一、基本案情
犯罪嫌疑單位某高校教務處、犯罪嫌疑人夏某、吳某在擔任某高校教務處處長、副處長期間,為謀取小團體的利益,在2001年10月至2005年1月的經濟往來中,在賬外暗中收受6家書商購書返還款23次,共計人民幣100752.20元,所得贓款放入由吳某保管的教務處的小金庫中。后犯罪嫌疑人夏某、吳某陸續以加班費、過節費的名義將所得贓款分發給教務處的工作人員,共分發人民幣92383元,其中夏某、吳某共分得人民幣42400元,余款作為教務處的活動經費予以開支。
二、分歧意見
第一種意見認為,夏某、吳某將單位受賄所得款以加班費、過節費名義在教務處內部分發的行為構成貪污罪,數額以二人分到的認定。理由是:收受的回扣放入小金庫后即成為教務處的財產,再把這些財產占為個人所有,就是貪污,由于教務處的其他工作人員并不知道錢的來源,故只認定夏某、吳某分到的部分為貪污的數額,即人民幣42400元。
第二種意見認為,夏某、吳某將單位受賄所得款以加班費、過節費名義在教務處內部分發的行為不構成貪污罪,理由是:該行為實質上是對單位受賄所得的贓款的處分。
三、評析意見
筆者同意第二種意見,理由如下:
單位受賄罪是指國家機關、國有公司、企業、事業單位、人民團體,索取、非法收受他人財物,為他人謀取利益,情節嚴重,或在經濟往來中,在賬外暗中收受各種名義的回扣、手續費的行為。該罪具有以下特點:主體是國家機關、國有公司、企業、事業單位、人民團體;侵犯的客體是國有單位公務活動的廉潔性;主觀方面是故意;客觀方面表現為利用單位職責范圍內的權限,索取或非法收受他人財物,為他人謀取利益,情節嚴重,或在經濟往來中,在賬外暗中收受各種名義的回扣、手續費。

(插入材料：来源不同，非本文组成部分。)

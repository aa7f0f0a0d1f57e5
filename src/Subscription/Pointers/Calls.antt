-- ===== src/Subscription/Pointers/Calls.antt =====
-- Every callback of the client keeps the pointers good and follows none that dangles.
use device_access_opc_ua_bac.Prelude.{
  ◌&&◌, ℕ, Bool, false, ◌≡◌, refl, Text, List, [], ◌∷◌, Option, some, arith, Bool-cases,
  Option-cases, inl, inr, ◌==◌, ==_iff, ◌∙◌,
}
use device_access_opc_ua_bac.Prelude.Map.{lookup}
use device_access_opc_ua_bac.Prelude.Deque
use device_access_opc_ua_bac.System.{
  System, DataValue, ◌>>=◌, ◌>>◌, get, put, when, ChannelState, SessionState,
}
use device_access_opc_ua_bac.System.Safe.{Safe, Keeps, Safe-bind, Keeps-bind, Keeps-when, Safe-if}
use device_access_opc_ua_bac.Subscription.{
  subscription_ends-set_inactive, DeleteAnswer, deleted_with_callback, deleted_silently,
  set_inactive, subscription_ends, unmonitored, is_told, reset_monitored_items, delete_single,
  remove_subscription, with_exception, handle_exception, inactive, deactivate_mapped, has_thread,
  drop_subscription, deactivate, deactivate_all_and_push_exception, received, response_handler,
}
use device_access_opc_ua_bac.Subscription.Pointers.{
  Items, Points, PointsAt, Held, IsGentle, Points-Tracks, modify-Tracks, map_items-Good,
  modify-Good, reset-Good,
}
use device_access_opc_ua_bac.Subscription.Accessors.{KeepsManned}
use device_access_opc_ua_bac.Callbacks.{
  ClientEvent, state_change, inactivity, subscription_deleted, data_change, state_callback,
  inactivity_callback, is_silent, handle, handle_all,
}

module _ (places : List ℕ) (o : Option ℕ) where
  abbrev H : System → Type 0
  H = Held places o

  subscription_ends-Held : Keeps H subscription_ends
  unfolding subscription_ends
  subscription_ends-Held s h =
      rw (subscription_ends-set_inactive s, Safe)
        (Keeps-when H (s.has_manager && s.registered) set_inactive (λ t k. k) s h)

  delete_single-Held : (d : DeleteAnswer) → Keeps H (delete_single d)
  unfolding delete_single
  delete_single-Held deleted_with_callback s h = subscription_ends-Held s h
  delete_single-Held deleted_silently s h = h

  pub reset_monitored_items-Held : Keeps H reset_monitored_items
  unfolding reset_monitored_items
  reset_monitored_items-Held s h = (
    reset-Good s.live places o s.items s.subscription_map unmonitored (λ i e. refl) (λ i k. k) h.0,
    h.1,
  )

  pub remove_subscription-Held : (d : DeleteAnswer) → Keeps H (remove_subscription d)
  unfolding remove_subscription
  remove_subscription-Held d =
      Keeps-bind H (delete_single d) _ (delete_single-Held d)
        λ _ s h. reset_monitored_items-Held (record s { subscription_id = 0 }) h

  pub with_exception-IsGentle : IsGentle with_exception
  unfolding with_exception
  with_exception-IsGentle i = ground arith

  with_exception-KeepsManned : (live : List ℕ) → KeepsManned live with_exception
  unfolding with_exception
  with_exception-KeepsManned live i h = elim (Bool-cases (is_told i)) [
    | inl e ↦ rw e h
    | inr e ↦ rw e h
  ]

  pub handle_exception-Held : (message : Text) → Keeps H (handle_exception message)
  unfolding handle_exception
  handle_exception-Held message s h = (
    map_items-Good s.live places o s.items s.subscription_map with_exception with_exception-IsGentle
        (with_exception-KeepsManned s.live) h.0,
    h.1,
  )

  pub inactive-IsGentle : IsGentle inactive
  unfolding inactive
  inactive-IsGentle i = (refl, refl)

  -- The entries that are left to go through are good ones.
  pub deactivate_mapped-Held :
      (m : List (ℕ × ℕ)) (s : System) → Points s.items m → H s → Safe H (deactivate_mapped m s)
  unfolding deactivate_mapped
  deactivate_mapped-Held [] s p h = h
  deactivate_mapped-Held ((id, a) ∷ m) s p h = rw (p.0.1) (
      deactivate_mapped-Held m (record s { items = Deque.modify s.items a inactive })
        (Points-Tracks s.items (Deque.modify s.items a inactive) m
          (modify-Tracks a inactive s.items inactive-IsGentle) p.1)
        (
          modify-Good s.live places o s.items s.subscription_map a inactive inactive-IsGentle
              (λ i k. k) h.0,
          h.1,
        ))

  drop_subscription-Held : (d : DeleteAnswer) → Keeps H (drop_subscription d)
  unfolding drop_subscription
  drop_subscription-Held d s h = elim (Bool-cases (has_thread s.thread)) [
    | inl e ↦ rw e h
    | inr e ↦ rw e (remove_subscription-Held d (record s { subscription_active = false }) h)
  ]

  deactivate_flags-Held :
      (d : DeleteAnswer) (s : System)
      → H s
      → Safe H (
          (put (λ t. record t { run = false })
              >> (get >>= λ t.
                  when t.subscription_active (drop_subscription d)
                  >> put (λ u. record u { async_read_active = false })))
            s)
  deactivate_flags-Held d s h =
      Safe-bind H H (when s.subscription_active (drop_subscription d)) _ _ (λ t q. q)
        (Keeps-when H s.subscription_active (drop_subscription d) (drop_subscription-Held d) _
          (h.0, ((λ e. cc), h.1.1)))
        (λ _ t q. q)

  pub deactivate-Held : (d : DeleteAnswer) → Keeps H (deactivate d)
  unfolding deactivate
  deactivate-Held d s h =
      Safe-bind H H (deactivate_mapped s.subscription_map) _ s (λ t q. q)
        (deactivate_mapped-Held s.subscription_map s h.0.points h)
        (λ _ t q. deactivate_flags-Held d t q)

  pub deactivate_all-Held :
      (message : Text) (d : DeleteAnswer) → Keeps H (deactivate_all_and_push_exception message d)
  unfolding deactivate_all_and_push_exception
  deactivate_all-Held message d =
      Keeps-bind H (handle_exception message) _ (handle_exception-Held message)
        λ _. deactivate-Held d

  pub mapped :
      (id : ℕ) (a : ℕ) (d : Items) (m : List (ℕ × ℕ))
      → Points d m
      → lookup id m ≡ some a
      → PointsAt d id a
  unfolding lookup
  mapped id a d [] p e = cc
  mapped id a d ((j, b) ∷ m) p e = elim (Bool-cases (j == id)) [
    | inl q ↦
        let (i, at, same, on) = p.0 in
        let here : b ≡ a = ground arith in (i, rw (← here) at, same ∙ (==_iff j id).0 q, on)
    | inr q ↦ mapped id a d m p.1 (ground arith)
  ]

  pub response_handler-Held : (id : ℕ) (v : DataValue) → Keeps H (response_handler id v)
  unfolding response_handler
  response_handler-Held id v s h = elim (Option-cases (lookup id s.subscription_map)) [
    | inl e ↦ rw (e, Safe) h
    | inr (a, e) ↦
        let (i, at, _, _) = mapped id a s.items s.subscription_map h.0.points e in
        rw (e, at, Safe)
          (elim (Bool-cases i.active) [
            | inl on ↦
                rw (on, Safe)
                  (
                    modify-Good s.live places o s.items s.subscription_map a received
                        (λ j. (refl, refl)) (λ j k. k) h.0,
                    h.1,
                  )
            | inr off ↦ rw (off, Safe) h
          ])
  ]

  pub state_callback-Held :
      (c : ChannelState) (n : SessionState) (d : DeleteAnswer) → Keeps H (state_callback c n d)
  unfolding state_callback
  state_callback-Held c n d s h =
      Keeps-when H s.registered _ (λ t k. Keeps-when H _ _ (deactivate_all-Held _ d) _ k) s h

  inactivity_callback-Held :
      (functional : Bool) (sub_id : ℕ) (d : DeleteAnswer)
      → Keeps H (inactivity_callback functional sub_id d)
  unfolding inactivity_callback
  inactivity_callback-Held functional sub_id d s h =
      Safe-if H s.registered _ _ s
        (λ _.
          Keeps-when H (is_silent functional sub_id s) _
            (Keeps-bind H (deactivate_all_and_push_exception _ d) _ (deactivate_all-Held _ d)
              (λ _ t k. k))
            s h)
        (λ e. cc (h.1.1))

  handle-Held : (e : ClientEvent) → Keeps H (handle e)
  unfolding handle
  handle-Held (state_change c n d) = state_callback-Held c n d
  handle-Held (inactivity functional sub_id d) = inactivity_callback-Held functional sub_id d
  handle-Held subscription_deleted = subscription_ends-Held
  handle-Held (data_change id v) = response_handler-Held id v

  pub handle_all-Held : (es : List ClientEvent) → Keeps H (handle_all es)
  unfolding handle_all
  handle_all-Held [] = λ s h. h
  handle_all-Held (e ∷ es) = Keeps-bind H (handle e) _ (handle-Held e) λ _. handle_all-Held es
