-- ===== src/Subscription/Deactivation.antt =====
-- After `deactivate` the manager is at rest: src/SubscriptionManager.cc.
use device_access_opc_ua_bac.Prelude.{
  ◌&&◌, ℕ, false, ◌≡◌, refl, List, [], ◌∷◌, Option, some, arith, Bool-cases, Option-cases, inl, inr,
  All, All-map, ◌==◌, ==_refl,
}
use device_access_opc_ua_bac.Prelude.Map.{lookup}
use device_access_opc_ua_bac.Prelude.Deque
use device_access_opc_ua_bac.Prelude.Deque.{lookup-update_cells, update_cells}
use device_access_opc_ua_bac.System.{System, MonitorItem, DataValue, ok, when}
use device_access_opc_ua_bac.System.Returns.{
  Returns, Returns-bind, Returns-when, Returns-if, Returns-weaken,
}
use device_access_opc_ua_bac.Subscription.{
  subscription_ends-set_inactive, DeleteAnswer, deleted_with_callback, deleted_silently,
  subscription_ends, set_inactive, delete_single, unmonitored, reset_monitored_items,
  remove_subscription, inactive, deactivate_mapped, has_thread, drop_subscription, deactivate,
  response_handler,
}
use device_access_opc_ua_bac.Subscription.Pointers.{
  Items, Points, Points-Tracks, modify-Tracks, Held, modify-Good, reset-Good,
}
use device_access_opc_ua_bac.Subscription.Pointers.Calls.{inactive-IsGentle}

-- The entry leads to an item that is not active.
abbrev pub IsQuietAt : Items → ℕ × ℕ → Type 0
IsQuietAt d e = (i : MonitorItem) × (Deque.deref d e.1 ≡ some i) × (i.active ≡ false)

abbrev pub IsQuiet : System → Type 0
IsQuiet s = All (IsQuietAt s.items) s.subscription_map

modify-IsQuietAt :
    (d : Items) (a : ℕ) (e : ℕ × ℕ) → IsQuietAt d e → IsQuietAt (Deque.modify d a inactive) e
unfolding inactive
modify-IsQuietAt d a e (i, at, off) = elim (Bool-cases (a == e.1)) [
  | inl same ↦ (inactive i, rw (lookup-update_cells a e.1 inactive d.cells, same, at), refl)
  | inr apart ↦ (i, rw (lookup-update_cells a e.1 inactive d.cells, apart, at), off)
]

module _ (places : List ℕ) (o : Option ℕ) where
  abbrev H : System → Type 0
  H = Held places o

  -- Good pointers, of which all but those of `m` are known to lead to inactive items.
  record Sweep (quiet left : List (ℕ × ℕ)) (s : System) : Type 0 where
    held : H s
    swept : All (IsQuietAt s.items) quiet
    points : Points s.items left

  sweep :
      (id a : ℕ) (m quiet : List (ℕ × ℕ)) (s : System)
      → Sweep quiet ((id, a) ∷ m) s
      → Sweep ((id, a) ∷ quiet) m (record s { items = Deque.modify s.items a inactive })
  unfolding inactive
  sweep id a m quiet s h =
      let (i, at, _, _) = h.points.0 in
      record {
        held = (
          modify-Good s.live places o s.items s.subscription_map a inactive
              (inactive-IsGentle places o) (λ i k. k) h.held.0,
          h.held.1,
        );
        swept = (
          (inactive i, rw (lookup-update_cells a a inactive s.items.cells, ==_refl a, at), refl),
          All-map _ _ (λ e. modify-IsQuietAt s.items a e) quiet h.swept,
        );
        points =
            Points-Tracks s.items (Deque.modify s.items a inactive) m
              (modify-Tracks a inactive s.items (inactive-IsGentle places o)) h.points.1;
      }

  -- What holds once all are swept.
  abbrev Swept : List (ℕ × ℕ) → List (ℕ × ℕ) → List (ℕ × ℕ) → System → Type 0
  Swept quiet m left t =
      (H t × All (IsQuietAt t.items) quiet)
      × (All (IsQuietAt t.items) m × (t.subscription_map ≡ left))

  deactivate_mapped-Returns :
      (m quiet : List (ℕ × ℕ)) (s : System)
      → Sweep quiet m s
      → Returns (Swept quiet m s.subscription_map) (deactivate_mapped m s)
  unfolding deactivate_mapped
  deactivate_mapped-Returns [] quiet s h = ((h.held, h.swept), (tt, refl))
  deactivate_mapped-Returns ((id, a) ∷ m) quiet s h =
      let (i, at, _, _) = h.points.0 in
      rw (at, Returns)
        (Returns-weaken (Swept ((id, a) ∷ quiet) m s.subscription_map)
          (Swept quiet ((id, a) ∷ m) s.subscription_map) (deactivate_mapped m _)
          (λ t q. ((q.0.0, q.0.1.1), ((q.0.1.0, q.1.0), q.1.1)))
          (deactivate_mapped-Returns m ((id, a) ∷ quiet)
            (record s { items = Deque.modify s.items a inactive }) (sweep id a m quiet s h)))

  abbrev Quiet : System → Type 0
  Quiet t = (H t × IsQuiet t) × (t.run ≡ false)

  -- At rest: no data is passed on, no thread goes on, and no subscription is active.
  abbrev pub AtRest : System → Type 0
  AtRest t = Quiet t × (t.subscription_active ≡ false)

  delete_single-AtRest :
      (d : DeleteAnswer) (s : System) → AtRest s → Returns AtRest (delete_single d s)
  unfolding delete_single subscription_ends set_inactive
  delete_single-AtRest deleted_silently s h = h
  delete_single-AtRest deleted_with_callback s h =
      rw (subscription_ends-set_inactive s, Returns)
        (Returns-when AtRest (s.has_manager && s.registered) set_inactive s (λ _. h)
          (λ _. (h.0, refl)))

  remove_subscription-AtRest :
      (d : DeleteAnswer) (s : System) → AtRest s → Returns AtRest (remove_subscription d s)
  unfolding remove_subscription reset_monitored_items
  remove_subscription-AtRest d s h =
      Returns-bind AtRest AtRest (delete_single d) _ s (delete_single-AtRest d s h) λ _ t q. (
        (
          (
            (
              reset-Good t.live places o t.items t.subscription_map unmonitored (λ i e. refl)
                  (λ i k. k) (q.0.0.0.0),
              q.0.0.0.1,
            ),
            tt,
          ),
          q.0.1,
        ),
        q.1,
      )

  drop_subscription-AtRest :
      (d : DeleteAnswer) (s : System) → Quiet s → Returns AtRest (drop_subscription d s)
  unfolding drop_subscription
  drop_subscription-AtRest d s h =
      let t : System = record s { subscription_active = false } in
      Returns-if AtRest (has_thread s.thread) _ (remove_subscription d) t (λ _. (h, refl))
        (λ _. remove_subscription-AtRest d t (h, refl))

  -- `deactivate` returns, and leaves the manager at rest with good pointers.
  pub deactivate-AtRest :
      (d : DeleteAnswer) (s : System)
      → H s
      → Returns (λ t. AtRest t × (t.async_read_active ≡ false)) (deactivate d s)
  unfolding deactivate
  deactivate-AtRest d s h =
      Returns-bind (Swept [] s.subscription_map s.subscription_map) _
        (deactivate_mapped s.subscription_map) _ s
        (deactivate_mapped-Returns s.subscription_map [] s
          (record { held = h; swept = tt; points = h.0.points }))
        λ _ t q.
          let u : System = record t { run = false } in
          let quiet : Quiet u = (((q.0.0.0, ((λ e. cc), q.0.0.1.1)), rw (q.1.1) q.1.0), refl) in
          Returns-bind AtRest _ (when t.subscription_active (drop_subscription d)) _ u
            (Returns-when AtRest t.subscription_active (drop_subscription d) u (λ off. (quiet, off))
              (λ _. drop_subscription-AtRest d u quiet))
            (λ _ v k. (k, refl))

quiet_entry :
    (id a : ℕ) (d : Items) (m : List (ℕ × ℕ))
    → All (IsQuietAt d) m
    → lookup id m ≡ some a
    → (i : MonitorItem) × (Deque.deref d a ≡ some i) × (i.active ≡ false)
unfolding lookup
quiet_entry id a d [] q e = cc
quiet_entry id a d ((j, b) ∷ m) q e = elim (Bool-cases (j == id)) [
  | inl same ↦ let (i, at, off) = q.0 in let here : b ≡ a = ground arith in (i, rw (← here) at, off)
  | inr apart ↦ quiet_entry id a d m q.1 (ground arith)
]

-- A response for an item that is not active changes nothing.
pub response-IsQuiet :
    (id : ℕ) (v : DataValue) (s : System) → IsQuiet s → response_handler id v s ≡ ok tt s
unfolding response_handler
response-IsQuiet id v s q = elim (Option-cases (lookup id s.subscription_map)) [
  | inl e ↦ ground (arith, e)
  | inr (a, e) ↦
      let (i, at, off) = quiet_entry id a s.items s.subscription_map q e in
      ground (arith, e, at, off)
]
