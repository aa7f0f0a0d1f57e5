-- ===== src/Subscription/Pointers/Roster.antt =====
-- Adding and removing items: where the addresses change.
use device_access_opc_ua_bac.Prelude.{
  ℕ, Bool, true, ◌≡◌, ◌≢◌, refl, ap, Text, List, [], ◌∷◌, ◌||◌, none, some, arith, ◌==◌, ◌∙◌,
  if_cases,
}
use device_access_opc_ua_bac.Prelude.Map.{lookup, erase, erase-Rising}
use device_access_opc_ua_bac.Prelude.Deque
use device_access_opc_ua_bac.Prelude.Deque.{
  Placed, find_cell, is_first, is_last, erase_at, without, lookup-append, lookup-without,
  push_back-Placed, without-Placed,
}
use device_access_opc_ua_bac.System.{System, MonitorItem, NodeId, Outcome, ok, raise, fault, M}
use device_access_opc_ua_bac.System.Safe.{Safe, Keeps}
use device_access_opc_ua_bac.Prelude.Deque.Writes.{among}
use device_access_opc_ua_bac.Subscription.Accessors.{AllManned, AllManned-append}
use device_access_opc_ua_bac.Subscription.Monitor.{new_item}
use device_access_opc_ua_bac.Subscription.Pointers.{Items, Points, Points-Tracks, Held, addresses}

-- Every pointer of the map leads to an item that is monitored under the id of the entry, the keys of
-- the map rise, the addresses are distinct, there is no run without a thread, and the callbacks know the client.
abbrev pub Inv : System → Type 0
Inv s = Held (addresses s.items.cells) none s

pub Inv-Held : (places : List ℕ) (s : System) → Held places none s → Inv s
Inv-Held places s h = (
  record {
    placed = h.0.placed;
    points = h.0.points;
    sorted = h.0.sorted;
    addressed = refl;
    focus = tt;
    manned = h.0.manned;
  },
  h.1,
)

-- What keeps the pointers for fixed addresses keeps the invariant.
pub Keeps-Inv {ℓ} :
    {A : Type ℓ} (m : M A) → ((places : List ℕ) → Keeps (Held places none) m) → Keeps Inv m
Keeps-Inv {A} m k s h = go (m s) (k (addresses s.items.cells) s h)
  where
    go : (r : Outcome A) → Safe (Held (addresses s.items.cells) none) r → Safe Inv r
    go (ok a t) q = Inv-Held _ t q
    go (raise e t) q = Inv-Held _ t q
    go (fault x) q = q

pub push_back-Inv :
    (name : Text) (node : NodeId) (accessor : ℕ) (s : System)
    → among accessor s.live ≡ true
    → Inv s
    → Inv (record s { items = Deque.push_back s.items (new_item name node accessor) })
push_back-Inv name node accessor s alive h = (
  record {
    placed = push_back-Placed s.items.fresh (new_item name node accessor) s.items.cells h.0.placed;
    points =
        Points-Tracks s.items (Deque.push_back s.items (new_item name node accessor))
          s.subscription_map (λ a i at on. (i, lookup-append a s.items.cells _ i at, refl, on))
          h.0.points;
    sorted = h.0.sorted;
    addressed = refl;
    focus = tt;
    manned = AllManned-append s.live s.items.cells _ h.0.manned ((accessor, [], refl), (alive, tt));
  },
  h.1,
)

-- The item may be erased and leave the addresses of the others.
abbrev pub IsAtEnd : ℕ → System → Type 0
IsAtEnd a s = (is_first a s.items.cells || is_last a s.items.cells) ≡ true

-- The entries that `erase` leaves lead to other items.
erase-Points :
    (a : ℕ) (i : MonitorItem) (d e : Items) (m : List (ℕ × ℕ))
    → Deque.deref d a ≡ some i
    → ((b : ℕ) → a ≢ b → Deque.deref e b ≡ Deque.deref d b)
    → Points d m
    → Points e (erase i.id m)
unfolding erase
erase-Points a i d e [] at same p = tt
erase-Points a i d e ((id, b) ∷ m) at same p =
    if_cases (Points e) (id == i.id) _ _ (λ _. erase-Points a i d e m at same p.1)
      λ other.
        let (j, at', named, on) = p.0 in
        let apart : a ≢ b = λ q. ground (arith, ap (Deque.deref d) q) in
        ((j, same b apart ∙ at', named, on), erase-Points a i d e m at same p.1)

pub erase-Inv :
    (a : ℕ) (i : MonitorItem) (live : List ℕ) (s : System)
    → Deque.deref s.items a ≡ some i
    → IsAtEnd a s
    → AllManned live (without a s.items.cells)
    → Inv s
    → Inv (record s {
      live = live;
      subscription_map = erase i.id s.subscription_map;
      items = erase_at s.items a;
    })
unfolding erase_at
erase-Inv a i live s at edge manned h = rw edge (
  record {
    placed = without-Placed s.items.fresh a s.items.cells h.0.placed;
    points =
        erase-Points a i s.items (record s.items { cells = without a s.items.cells })
          s.subscription_map at (λ b. lookup-without a b s.items.cells) h.0.points;
    sorted = erase-Rising 0 i.id s.subscription_map h.0.sorted;
    addressed = refl;
    focus = tt;
    manned = manned;
  },
  h.1,
)

lookup_of_Absent : (b : ℕ) (cs : List (ℕ × MonitorItem)) → Deque.Absent b cs → lookup b cs ≡ none
unfolding lookup
lookup_of_Absent b [] h = refl
lookup_of_Absent b ((c, x) ∷ cs) h = ground (arith, lookup_of_Absent b cs h.1)

-- What `std::find` returns points to what it found.
pub lookup-find_cell :
    (test : MonitorItem → Bool) (n : ℕ) (cs : List (ℕ × MonitorItem)) (a : ℕ) (i : MonitorItem)
    → Placed n cs
    → find_cell test cs ≡ some (a, i)
    → lookup a cs ≡ some i
unfolding lookup find_cell
lookup-find_cell test n [] a i p h = cc
lookup-find_cell test n ((b, x) ∷ cs) a i p h =
    ground (arith, lookup-find_cell test n cs a i p.2, lookup_of_Absent b cs p.1)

具體到本案,首先,某高校系全民事業單位,教務處系高校內設部門,夏某、吳某系該院工作人員,具備國家工作人員的身份。2000年9月20日至22日,最高人民法院召開了全國法院審理金融犯罪案件工作座談會,并形成了《紀要》,其中明確規定:“以單位的分支機構或者內設機構、部門名義實施犯罪,違法所得亦歸分支機構或者內設機構、部門所有的,應認定為單位犯罪。”本案中,夏某與教材供應商談回扣時,講明是給教務處作活動經費的,故夏某是以教務處名義實施的受賄行為,應認定教務處為單位受賄罪的犯罪嫌疑單位,夏某、吳某系直接負責的主管人員;其次,夏某、吳某具有收受回扣的主觀故意,且是為教務處謀取利益;最后,某高校教務處及夏某、吳某有單位受賄的具體行為,他們利用代表高校采購教材的職務便利,在教材采購過程中,賬外暗中收受回扣100752.20元。綜上,犯罪嫌疑單位某高校教務處、犯罪嫌疑人夏某、吳某的行為已構成單位受賄罪。
但夏某、吳某將單位受賄所得款以加班費、過節費名義在教務處內部分發的行為是否又構成他罪呢?筆者認為,正確認定在單位內部分發單位受賄所得款的行為性質的關鍵在于正確理解單位受賄罪的主觀特征。單位受賄罪的罪過形式只能是故意,它是由法定代表人授意或決定,或是單位領導機構集體討論決定的,體現的是單位的整體意志。單位受賄的目的必須是為單位集體成員謀取非法利益,單位受賄所得的贓款必須是為集體所占有,這是區分單位受賄與個人受賄的重要特征。本案中,夏某、吳某向書商索要回扣時,講明是為教務處搞一些活動經費,而收受的回扣也確實放入了由吳某保管的教務處的小金庫中,且二人對每一筆收支均分別作了記錄。這正體現了二人具有的是單位受賄而非個人受賄的主觀故意。而與其他廣義的財產類犯罪一樣,受賄人對受賄所得的贓款必定要進行處分,贓款不可能一直放在小金庫中不動用,否則就沒有拿回扣的必要。故教務處受賄所得的這部分贓款最終必定是要以各種名義、形式用到單位內部成員身上的,而以獎金、加班費、過節費等形式將受賄所得轉化為單位組織成員個人所有,正是單位內部對非法所得的分贓,是對贓款的處分行為,所以對這一行為不應再單獨評價。夏某、吳某作為教務處的負責人,共同決定將受賄所得以加班費、過節費名義分給單位每一個成員的行為,不宜再另定性為貪污。而持第一種觀點的人,其實是不能自圓其說的,因為認為該行為另又構成貪污罪,其實就是認可了單位受賄所得的贓款已轉化為國有財產。而單位成員集體私分國有資產的行為,定私分國有資產罪顯然更妥當。